Did anybody happen to put together a list of what games work?


----------



## SectionX (Sep 21, 2005)

so what should I get? a traditional GBA flashcard or M3 whatever it is?

What is the best card to get for this patcher right now?


----------



## gbxemu (Sep 21, 2005)

QUOTE(Renegade_R @ Sep 21 2005 said:


> Any confirmed X-ROM users yet?



Yes - it looks like it does work on X-ROM and stores SaveGames in Xrom SRAM...





gameboy-advance.net/nintendo_ds/ndspatcher


----------



## WeaponXxX (Sep 21, 2005)

QUOTE(SectionX @ Sep 21 2005 said:


> so what should I get? a traditional GBA flashcard or M3 whatever it is?
> 
> What is the best card to get for this patcher right now?

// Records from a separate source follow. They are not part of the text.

-- ===== src/Parser/Rotate/Swap.antt =====
-- parse.c: what SWAP, ti_reverse and ti_rotate_left do to a part of the program.
use calx.Base.{
  ℕ, zero, suc, ◌+◌, ◌-◌, ◌/◌, ◌≡◌, refl, sym, ap, ◌∙◌, some, List, [], ◌∷◌, ◌++◌, arith, length,
  get_elem?, set, length-append,
}
use mathlib.Core.List.{reverse, append_assoc, reverse-append, reverse-reverse, reverse-cons}
use calx.Parser.Rotate.{swap, reverse_loop, ti_reverse, ti_rotate_left}

module _ {ℓ} {A : Type ℓ} where
  get_elem?-middle :
      (xs : List A) (a : A) (ys : List A) → get_elem? (xs ++ a ∷ ys) (length xs) ≡ some a
  get_elem?-middle [] a ys = refl
  get_elem?-middle (x ∷ xs) a ys = get_elem?-middle xs a ys

  set-middle :
      (xs : List A) (a b : A) (ys : List A) → set (xs ++ a ∷ ys) (length xs) b ≡ xs ++ b ∷ ys
  set-middle [] a b ys = refl
  set-middle (x ∷ xs) a b ys = ap (λ zs. x ∷ zs) (set-middle xs a b ys)

  -- an element in the second part of a list
  at_second :
      (xs : List A) (a : A) (mid : List A) (b : A) (ys : List A) (j : ℕ)
      → j ≡ length xs + suc (length mid)
      → (get_elem? (xs ++ a ∷ (mid ++ b ∷ ys)) j ≡ some b)
        × ((c : A) → set (xs ++ a ∷ (mid ++ b ∷ ys)) j c ≡ xs ++ a ∷ (mid ++ c ∷ ys))
  at_second xs a mid b ys j e =
      let e' : j ≡ length (xs ++ a ∷ mid) = e ∙ sym (length-append xs (a ∷ mid)) in
      rw (e', ← append_assoc xs (a ∷ mid) (b ∷ ys))
        (
          get_elem?-middle (xs ++ a ∷ mid) b ys,
          λ c. set-middle (xs ++ a ∷ mid) b c ys ∙ append_assoc xs (a ∷ mid) (c ∷ ys),
        )

  swap_lem :
      (xs : List A) (a : A) (mid : List A) (b : A) (ys : List A) (j : ℕ)
      → j ≡ length xs + suc (length mid)
      → swap (xs ++ a ∷ (mid ++ b ∷ ys)) (length xs) j ≡ xs ++ b ∷ (mid ++ a ∷ ys)
  unfolding swap
  swap_lem xs a mid b ys j e = rw (
    get_elem?-middle xs a (mid ++ b ∷ ys),
    (at_second xs a mid b ys j e).0,
    set-middle xs a b (mid ++ b ∷ ys),
    (at_second xs b mid b ys j e).1 a,
  )

  unsnoc : (x : A) (xs : List A) → (mid : List A) × (y : A) × (x ∷ xs ≡ mid ++ y ∷ [])
  unsnoc x [] = ([], x, refl)
  unsnoc x (z ∷ xs) = let (mid, y, e) = unsnoc z xs in (x ∷ mid, y, ap (λ zs. x ∷ zs) e)

  -- half as many rounds as the part has elements turn it round
  reverse_loop-reverse :
      (n : ℕ) (xs part ys : List A)
      → length part / 2 ≡ n
      → reverse_loop n (length xs) (length xs + length part) (xs ++ (part ++ ys))
        ≡ xs ++ (reverse part ++ ys)
  unfolding reverse_loop
  reverse_loop-reverse zero xs [] ys h = refl
  reverse_loop-reverse zero xs (a ∷ []) ys h = refl
  reverse_loop-reverse zero xs (a ∷ b ∷ part) ys h = absurd (omega arith)
  reverse_loop-reverse (suc n) xs [] ys h = absurd (omega arith)
  reverse_loop-reverse (suc n) xs (a ∷ []) ys h = absurd (omega arith)
  reverse_loop-reverse (suc n) xs (a ∷ b ∷ part) ys h =
      let (mid, c, e) = unsnoc b part in
      let len : length (b ∷ part) ≡ suc (length mid) =
        ap length e ∙ (length-append mid (c ∷ []) ∙ omega arith) in
      let j = length xs + suc (length (b ∷ part)) - 1 in
      let swapped : swap (xs ++ a ∷ ((b ∷ part) ++ ys)) (length xs) j
          ≡ (xs ++ c ∷ []) ++ (mid ++ a ∷ ys) =
        ap (λ zs. swap (xs ++ a ∷ zs) (length xs) j)
          (ap (λ zs. zs ++ ys) e ∙ append_assoc mid (c ∷ []) ys)
        ∙ (swap_lem xs a mid c ys j (omega (arith, len))
            ∙ sym (append_assoc xs (c ∷ []) (mid ++ a ∷ ys))) in
      let turned : reverse (a ∷ b ∷ part) ≡ (c ∷ reverse mid) ++ a ∷ [] =
        reverse-cons a (b ∷ part)
        ∙ ap (λ zs. zs ++ a ∷ []) (ap reverse e ∙ reverse-append mid (c ∷ [])) in
      let from : length xs + 1 ≡ length (xs ++ c ∷ []) = omega (arith, length-append xs (c ∷ [])) in
      let to : j ≡ length (xs ++ c ∷ []) + length mid =
        omega (arith, length-append xs (c ∷ []), len) in
      let ih : reverse_loop n (length (xs ++ c ∷ [])) (length (xs ++ c ∷ []) + length mid)
            ((xs ++ c ∷ []) ++ (mid ++ a ∷ ys))
          ≡ (xs ++ c ∷ []) ++ (reverse mid ++ a ∷ ys) =
        reverse_loop-reverse n (xs ++ c ∷ []) mid (a ∷ ys) (omega (arith, len)) in
      ap (reverse_loop n (length xs + 1) j) swapped
      ∙ ((λ i. reverse_loop n (from i) (to i) ((xs ++ c ∷ []) ++ (mid ++ a ∷ ys)))
          ∙ (ih ∙ rw turned (simp append_assoc)))

  -- ti_reverse turns a part round
  ti_reverse-reverse :
      (xs part ys : List A) (mem nmem : ℕ)
      → mem ≡ length xs
      → nmem ≡ length part
      → ti_reverse mem nmem (xs ++ (part ++ ys)) ≡ xs ++ (reverse part ++ ys)
  unfolding ti_reverse
  ti_reverse-reverse xs part ys mem nmem e f =
      rw (e, f) (reverse_loop-reverse (length part / 2) xs part ys refl)

  length-reverse : (xs : List A) → length (reverse xs) ≡ length xs
  length-reverse [] = refl
  length-reverse (x ∷ xs) =
      rw (reverse-cons x xs)
        (length-append (reverse xs) (x ∷ []) ∙ omega (arith, length-reverse xs))

  -- ti_rotate_left exchanges a part of the program with the part that follows it, whatever stands
  -- before and behind.
  pub ti_rotate_left-exchange :
      (xs first second ys : List A)
      → ti_rotate_left
          (length xs)
          (length first + length second)
          (length first)
          (xs ++ (first ++ (second ++ ys)))
        ≡ xs ++ (second ++ (first ++ ys))
  unfolding ti_rotate_left
  ti_rotate_left-exchange xs first second ys =
      let n = length first + length second in
      let d = n - length first in
      let whole : ti_reverse (length xs) n (xs ++ (first ++ (second ++ ys)))
          ≡ xs ++ (reverse second ++ (reverse first ++ ys)) =
        ap (λ zs. ti_reverse (length xs) n (xs ++ zs)) (sym (append_assoc first second ys))
        ∙ (ti_reverse-reverse xs (first ++ second) ys (length xs) n refl
              (sym (length-append first second))
            ∙ rw (reverse-append first second) (simp append_assoc)) in
      let left : ti_reverse (length xs) d (xs ++ (reverse second ++ (reverse first ++ ys)))
          ≡ (xs ++ second) ++ (reverse first ++ ys) =
        ti_reverse-reverse xs (reverse second) (reverse first ++ ys) (length xs) d refl
          (omega (arith, length-reverse second))
        ∙ rw (reverse-reverse second) (sym (append_assoc xs second (reverse first ++ ys))) in
      let right : ti_reverse (length xs + d) (length first)
            ((xs ++ second) ++ (reverse first ++ ys))
          ≡ xs ++ (second ++ (first ++ ys)) =
        ti_reverse-reverse (xs ++ second) (reverse first) ys (length xs + d) (length first)
          (omega (arith, length-append xs second)) (sym (length-reverse first))
        ∙ rw (reverse-reverse first) (append_assoc xs second (first ++ ys)) in
      ap (λ zs. ti_reverse (length xs + d) (length first) (ti_reverse (length xs) d zs)) whole
      ∙ (ap (ti_reverse (length xs + d) (length first)) left ∙ right)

IMO as it stands the G6 now kicks ass, here is the breakdown

G6 = expensive but most compact
M3 = Cheaper, must supply own memory but slim passme
Mk2 = THIS IS ONLY THEORETICAL TILL I GET THE KIT, but the MK2 may play PURE ROMS, IE No need to patch to save to the GBA slot. This may increase compatibility down the road and not have you wait for a software update.

Right now though yea g6 is tight


----------



## SectionX (Sep 21, 2005)

QUOTE(WeaponX @ Sep 21 2005 said:


> QUOTE(SectionX @ Sep 21 2005 said:
> 
> 
> > so what should I get? a traditional GBA flashcard or M3 whatever it is?
> ...




thanks. So what's a reliable website i can buy G6 from. I still need to flash my DS right?


----------



## Jojjy Ugnick (Sep 21, 2005)

QUOTE(alucard_xs @ Sep 21 2005 said:


> QUOTE(dsrules @ Sep 21 2005, 05:56 PM)
> Are you sure it's not, Patch the Castlevania Rom first then trim it with a hex editor, delete everything after 0x1FFFFFF to make it 32MB. This way seems to work for me on a FA256Mb



any chance someone could make a IPS patch of the trimmed Castlevania rom? With the crappy hex editor I'm using, it's taking me forever...

edit: downloadeed another hex editor and now I have it


----------



## Murdock (Sep 21, 2005)

z0MG H4x0rz!

I'm seriously happy with this fine program. Can't we start a list, what game does save on the GBA's flashcart, and doesn't?


----------



## ilovengage (Sep 21, 2005)

I started one here.


----------



## berlinka (Sep 21, 2005)

I use Supercard CF with Flashme.

It's funny that Nintendogs (L&F) now continues after you bought your dog (save screen). That seemed fine but nothing saves on my CF card. Then I tried Advance Wars that didn't work earlier too. Now it works fine but nothing's saved when I turn off/on...How can this be?


----------



## cory1492 (Sep 21, 2005)

something fun to note for SC users, and maybe other as well - I made a program called Etool that backs up 64k and 4k saves (roundabout method on supercard), and taking a game from a DS card (for example, I tried it with bomberman), backing it up to a SRAM .sav file, then patching the ROM with this new patcher, rename the Etool backup sav file to the same as the rom name (except the .sav part) and you can transfer your save to/from EEPROM and SROM like that... it should even work with the compatible flash cards if you just use the tool to copy the desired EEPROM save to the SRAM and then load the game on that flashcard.


----------



## berlinka (Sep 21, 2005)

QUOTE(cory1492 @ Sep 21 2005 said:


> something fun to note for SC users, and maybe other as well - I made a program called Etool that backs up 64k and 4k saves (roundabout method on supercard), and taking a game from a DS card (for example, I tried it with bomberman), backing it up to a SRAM .sav file, then patching the ROM with this new patcher, rename the Etool backup sav file to the same as the rom name (except the .sav part) and you can transfer your save to/from EEPROM and SROM like that... it should even work with the compatible flash cards if you just use the tool to copy the desired EEPROM save to the SRAM and then load the game on that flashcard.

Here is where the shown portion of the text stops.